There was a meeting of officials of the American College of Obstetrics and Gynecology, the US Food and Drug Administration, some drug companies and a prominent doctor, Alan Guttmacher. They solved this “dilemma” by officially, but very quietly, ruling that henceforth the word “conception” would no longer mean union of sperm and egg. Its new meaning was to be implantation one week later.

The word “pregnancy” was also a problem so they changed its definition from beginning at fertilization to beginning at implantation. Their stated reason was that her body was not pregnant until implantation.
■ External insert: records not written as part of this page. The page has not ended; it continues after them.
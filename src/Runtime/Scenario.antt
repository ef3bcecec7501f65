-- ===== src/Runtime/Scenario.antt =====
-- internal/runtime/scenario.go
pub mod Runnable
use go_sentinel.Base.{
  ℕ, suc, String, List, [], ◌∷◌, ◌++◌, Option, none, some, Bool, str_eq, if◌then◌else◌,
}
use go_sentinel.Base.Int.{ℤ, pos, leb_ℤ}
use go_sentinel.Base.Dict.{Dict}
use go_sentinel.Base.Result.{Result, ok, err, ◌>>=◌, ◌>>◌}
use go_sentinel.Models.{
  Stage, Assertion, AssertionType, Value, Request, HttpConfig, unset, status_code, response_time,
  body_contains,
}
use go_sentinel.Runtime.Duration.{Durations, of_ms}

pub record Scenario : Type 0 where
  pub name : String
  pub stages : List Stage
  pub http : HttpConfig
  pub vars : Dict String

pub data Error : Type 0 where
  no_stages base_url_required no_requests : Error
  target_vus_not_positive duration_not_positive method_required path_required : ℕ → Error
  invalid_stage_duration invalid_ramp_up invalid_timeout invalid_think_time : Error

check_stages : ℕ → List Stage → Result Error (Unit {0})
check_stages i [] = ok tt
check_stages i (s ∷ ss) =
    let rest = check_stages (suc i) ss in
    if leb_ℤ s.target_vus (pos 0)
    then err (target_vus_not_positive i)
    else if leb_ℤ s.duration (pos 0)
    then err (duration_not_positive i)
    else rest

check_requests : ℕ → List Request → Result Error (Unit {0})
check_requests i [] = ok tt
check_requests i (r ∷ rs) =
    let rest = check_requests (suc i) rs in
    if str_eq r.method ""
    then err (method_required i)
    else if str_eq r.path ""
    then err (path_required i)
    else rest

abbrev pub is_empty {ℓ} : {A : Type ℓ} → List A → Bool
is_empty [] = Bool.true
is_empty (x ∷ xs) = Bool.false

unfoldable pub validate : Scenario → Result Error (Unit {0})
unfolding check_stages check_requests
validate s = if is_empty s.stages then err no_stages else do
  check_stages 0 s.stages
  if str_eq s.http.base_url ""
      then err base_url_required
      else if is_empty s.http.requests
      then err no_requests
      else check_requests 0 s.http.requests

pub record YamlStage : Type 0 where
  pub duration : String
  pub target_vus : ℤ
  pub ramp_up : String

-- A pointer is an `Option`.
pub record YamlAssertion : Type 0 where
  pub status_code : Option ℤ
  pub response_time_p99 : Option ℤ
  pub response_time_p95 : Option ℤ
  pub response_time_p50 : Option ℤ
  pub body_contains : Option String

pub record YamlRequest : Type 0 where
  pub method : String
  pub path : String
  pub headers : Dict String
  pub body : String
  pub assertions : List YamlAssertion
  pub think_time : String

pub record YamlHttpConfig : Type 0 where
  pub base_url : String
  pub requests : List YamlRequest
  pub headers : Dict String
  pub timeout : String

pub record YamlTestPlan : Type 0 where
  pub name : String
  pub stages : List YamlStage
  pub http : YamlHttpConfig
  pub variables : Dict String

-- One round of the loop over the assertions; none where no field is set.
unfoldable pub parse_assertion : YamlAssertion → Option Assertion
parse_assertion a = elim a.status_code [
  | some code ↦
      some (record { type = status_code; value = Value.int32 code; threshold = Value.nil })
  | none ↦ elim a.response_time_p99 [
    | some ms ↦ some (within "P99" ms)
    | none ↦ elim a.response_time_p95 [
      | some ms ↦ some (within "P95" ms)
      | none ↦ elim a.response_time_p50 [
        | some ms ↦ some (within "P50" ms)
        | none ↦ elim a.body_contains [
          | some part ↦
              some (record { type = body_contains; value = Value.text part; threshold = Value.nil })
          | none ↦ none
        ]
      ]
    ]
  ]
]
  where
    within : String → ℤ → Assertion
    within percentile ms = record {
      type = response_time;
      value = Value.text percentile;
      threshold = Value.duration (of_ms ms);
    }

unfoldable pub parse_assertions : List YamlAssertion → List Assertion
unfolding parse_assertion
parse_assertions [] = []
parse_assertions (a ∷ as') =
    let rest = parse_assertions as' in elim (parse_assertion a) [ none ↦ rest | some b ↦ b ∷ rest ]

module _ (durations : Durations) where
  unfoldable pub parse_duration : String → Option ℤ
  parse_duration s = if str_eq s "" then none else durations.parse s

  -- `or_fail` of an optional text: 0 where it is empty.
  abbrev pub parse_optional : String → ℤ → Error → Result Error ℤ
  parse_optional s default e =
      if str_eq s "" then ok default else elim (parse_duration s) [ none ↦ err e | some d ↦ ok d ]

  unfoldable pub parse_request : YamlRequest → Result Error Request
  unfolding parse_duration parse_assertions
  parse_request r = do
    think_time ← parse_optional r.think_time (pos 0) invalid_think_time
    ok (record {
      method = r.method;
      path = r.path;
      headers = r.headers;
      body = r.body;
      assertions = parse_assertions r.assertions;
      think_time = think_time;
    })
Almost nobody was told about this then, nor do even most doctors know about it now, but this enabled the drug companies to call the “pill” and the IUD contraceptives. Today, using their new definitions, they say that the “emergency contraceptive” pill prevents conception and prevents pregnancy.

The obvious problem is that “the elite” say these things with a straight face, using their own definitions, while 99% of everyone else, including most clergy and doctors, believe “conception” and “pregnancy” still carry their traditional meanings of union of sperm and egg.
Pretty clever? You bet!

To counter these misleading terms, pro-lifers should use “fertilization” not “conception” and always speak of “human life” not “pregnancy.”

Note: RU 486 does not work until two weeks after implantation and kills a developing baby whose heart has already begun to beat. It is an abortifacient, not a contraceptive.